§ **Problem requirements**
Repeat every entry exactly as given.

━━━━━ Material for this exercise

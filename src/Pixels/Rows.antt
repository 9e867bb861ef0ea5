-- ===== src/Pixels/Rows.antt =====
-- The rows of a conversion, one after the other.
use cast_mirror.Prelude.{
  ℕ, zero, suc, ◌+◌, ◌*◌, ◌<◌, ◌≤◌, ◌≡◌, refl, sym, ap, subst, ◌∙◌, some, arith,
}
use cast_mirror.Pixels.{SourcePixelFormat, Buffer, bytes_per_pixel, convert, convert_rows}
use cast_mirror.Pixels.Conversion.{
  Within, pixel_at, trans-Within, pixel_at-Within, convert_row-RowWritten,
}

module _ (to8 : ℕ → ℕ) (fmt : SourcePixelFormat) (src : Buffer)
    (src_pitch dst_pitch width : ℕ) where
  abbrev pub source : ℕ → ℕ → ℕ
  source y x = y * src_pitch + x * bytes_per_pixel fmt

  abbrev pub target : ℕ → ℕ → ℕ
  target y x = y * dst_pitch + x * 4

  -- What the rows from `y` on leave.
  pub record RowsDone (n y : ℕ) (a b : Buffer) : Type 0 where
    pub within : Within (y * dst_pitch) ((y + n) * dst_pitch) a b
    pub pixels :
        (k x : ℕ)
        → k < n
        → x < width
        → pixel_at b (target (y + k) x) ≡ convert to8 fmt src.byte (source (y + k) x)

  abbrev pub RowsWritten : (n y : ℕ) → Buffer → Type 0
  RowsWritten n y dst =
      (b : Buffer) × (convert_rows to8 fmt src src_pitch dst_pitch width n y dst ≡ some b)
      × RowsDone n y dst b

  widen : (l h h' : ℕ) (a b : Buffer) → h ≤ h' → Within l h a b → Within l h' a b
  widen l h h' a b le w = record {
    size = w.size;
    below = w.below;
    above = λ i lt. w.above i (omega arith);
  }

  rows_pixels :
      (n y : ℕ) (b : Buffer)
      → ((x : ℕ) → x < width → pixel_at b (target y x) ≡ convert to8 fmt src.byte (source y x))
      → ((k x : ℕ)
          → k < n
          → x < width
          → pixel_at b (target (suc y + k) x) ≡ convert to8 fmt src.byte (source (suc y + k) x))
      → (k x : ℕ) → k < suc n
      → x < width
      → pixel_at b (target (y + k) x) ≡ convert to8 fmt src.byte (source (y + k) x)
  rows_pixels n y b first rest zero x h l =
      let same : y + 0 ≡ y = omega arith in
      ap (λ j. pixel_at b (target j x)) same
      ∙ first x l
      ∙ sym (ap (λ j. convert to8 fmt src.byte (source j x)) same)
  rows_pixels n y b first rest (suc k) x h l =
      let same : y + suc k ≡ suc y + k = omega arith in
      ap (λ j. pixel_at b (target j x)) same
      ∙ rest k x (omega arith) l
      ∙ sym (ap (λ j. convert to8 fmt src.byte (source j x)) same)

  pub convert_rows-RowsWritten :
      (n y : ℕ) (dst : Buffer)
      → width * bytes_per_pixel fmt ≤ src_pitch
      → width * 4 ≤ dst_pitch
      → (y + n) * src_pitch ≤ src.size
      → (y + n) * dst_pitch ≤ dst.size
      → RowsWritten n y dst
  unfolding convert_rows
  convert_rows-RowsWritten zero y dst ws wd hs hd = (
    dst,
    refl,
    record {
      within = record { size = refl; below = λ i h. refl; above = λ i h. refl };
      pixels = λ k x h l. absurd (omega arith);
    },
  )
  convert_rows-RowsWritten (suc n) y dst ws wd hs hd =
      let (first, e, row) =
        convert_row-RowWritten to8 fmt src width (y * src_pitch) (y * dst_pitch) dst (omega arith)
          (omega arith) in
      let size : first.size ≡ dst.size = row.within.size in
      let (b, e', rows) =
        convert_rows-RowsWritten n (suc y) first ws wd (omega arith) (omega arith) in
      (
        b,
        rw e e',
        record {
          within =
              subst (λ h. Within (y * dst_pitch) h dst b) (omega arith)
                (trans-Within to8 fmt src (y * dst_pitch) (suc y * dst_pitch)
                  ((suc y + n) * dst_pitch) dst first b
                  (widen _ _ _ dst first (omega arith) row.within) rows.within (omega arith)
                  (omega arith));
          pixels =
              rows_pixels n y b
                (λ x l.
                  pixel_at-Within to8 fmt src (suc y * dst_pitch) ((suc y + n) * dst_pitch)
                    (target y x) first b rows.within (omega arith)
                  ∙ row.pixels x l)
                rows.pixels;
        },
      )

━━━━━━━━━━

§ **Answer to the exercise**
filename src/Pixels/Rows.antt
repository 9e867bb861ef0ea5
-- ===== src/Pixels/Rows.antt =====
-- The rows of a conversion, one after the other.
use cast_mirror.Prelude.{
  ℕ, zero, suc, ◌+◌, ◌*◌, ◌<◌, ◌≤◌, ◌≡◌, refl, sym, ap, subst, ◌∙◌, some, arith,
}
use cast_mirror.Pixels.{SourcePixelFormat, Buffer, bytes_per_pixel, convert, convert_rows}
use cast_mirror.Pixels.Conversion.{
  Within, pixel_at, trans-Within, pixel_at-Within, convert_row-RowWritten,
}

module _ (to8 : ℕ → ℕ) (fmt : SourcePixelFormat) (src : Buffer)
    (src_pitch dst_pitch width : ℕ) where
  abbrev pub source : ℕ → ℕ → ℕ
  source y x = y * src_pitch + x * bytes_per_pixel fmt

  abbrev pub target : ℕ → ℕ → ℕ
  target y x = y * dst_pitch + x * 4

  -- What the rows from `y` on leave.
  pub record RowsDone (n y : ℕ) (a b : Buffer) : Type 0 where
    pub within : Within (y * dst_pitch) ((y + n) * dst_pitch) a b
    pub pixels :
        (k x : ℕ)
        → k < n
        → x < width
        → pixel_at b (target (y + k) x) ≡ convert to8 fmt src.byte (source (y + k) x)

  abbrev pub RowsWritten : (n y : ℕ) → Buffer → Type 0
  RowsWritten n y dst =
      (b : Buffer) × (convert_rows to8 fmt src src_pitch dst_pitch width n y dst ≡ some b)
      × RowsDone n y dst b

  widen : (l h h' : ℕ) (a b : Buffer) → h ≤ h' → Within l h a b → Within l h' a b
  widen l h h' a b le w = record {
    size = w.size;
    below = w.below;
    above = λ i lt. w.above i (omega arith);
  }

  rows_pixels :
      (n y : ℕ) (b : Buffer)
      → ((x : ℕ) → x < width → pixel_at b (target y x) ≡ convert to8 fmt src.byte (source y x))
      → ((k x : ℕ)
          → k < n
          → x < width
          → pixel_at b (target (suc y + k) x) ≡ convert to8 fmt src.byte (source (suc y + k) x))
      → (k x : ℕ) → k < suc n
      → x < width
      → pixel_at b (target (y + k) x) ≡ convert to8 fmt src.byte (source (y + k) x)
  rows_pixels n y b first rest zero x h l =
      let same : y + 0 ≡ y = omega arith in
      ap (λ j. pixel_at b (target j x)) same
      ∙ first x l
      ∙ sym (ap (λ j. convert to8 fmt src.byte (source j x)) same)
  rows_pixels n y b first rest (suc k) x h l =
      let same : y + suc k ≡ suc y + k = omega arith in
      ap (λ j. pixel_at b (target j x)) same
      ∙ rest k x (omega arith) l
      ∙ sym (ap (λ j. convert to8 fmt src.byte (source j x)) same)

  pub convert_rows-RowsWritten :
      (n y : ℕ) (dst : Buffer)
      → width * bytes_per_pixel fmt ≤ src_pitch
      → width * 4 ≤ dst_pitch
      → (y + n) * src_pitch ≤ src.size
      → (y + n) * dst_pitch ≤ dst.size
      → RowsWritten n y dst
  unfolding convert_rows
  convert_rows-RowsWritten zero y dst ws wd hs hd = (
    dst,
    refl,
    record {
      within = record { size = refl; below = λ i h. refl; above = λ i h. refl };
      pixels = λ k x h l. absurd (omega arith);
    },
  )
  convert_rows-RowsWritten (suc n) y dst ws wd hs hd =
      let (first, e, row) =
        convert_row-RowWritten to8 fmt src width (y * src_pitch) (y * dst_pitch) dst (omega arith)
          (omega arith) in
      let size : first.size ≡ dst.size = row.within.size in
      let (b, e', rows) =
        convert_rows-RowsWritten n (suc y) first ws wd (omega arith) (omega arith) in
      (
        b,
        rw e e',
        record {
          within =
              subst (λ h. Within (y * dst_pitch) h dst b) (omega arith)
                (trans-Within to8 fmt src (y * dst_pitch) (suc y * dst_pitch)
                  ((suc y + n) * dst_pitch) dst first b
                  (widen _ _ _ dst first (omega arith) row.within) rows.within (omega arith)
                  (omega arith));
          pixels =
              rows_pixels n y b
                (λ x l.
                  pixel_at-Within to8 fmt src (suc y * dst_pitch) ((suc y + n) * dst_pitch)
                    (target y x) first b rows.within (omega arith)
                  ∙ row.pixels x l)
                rows.pixels;
        },
      )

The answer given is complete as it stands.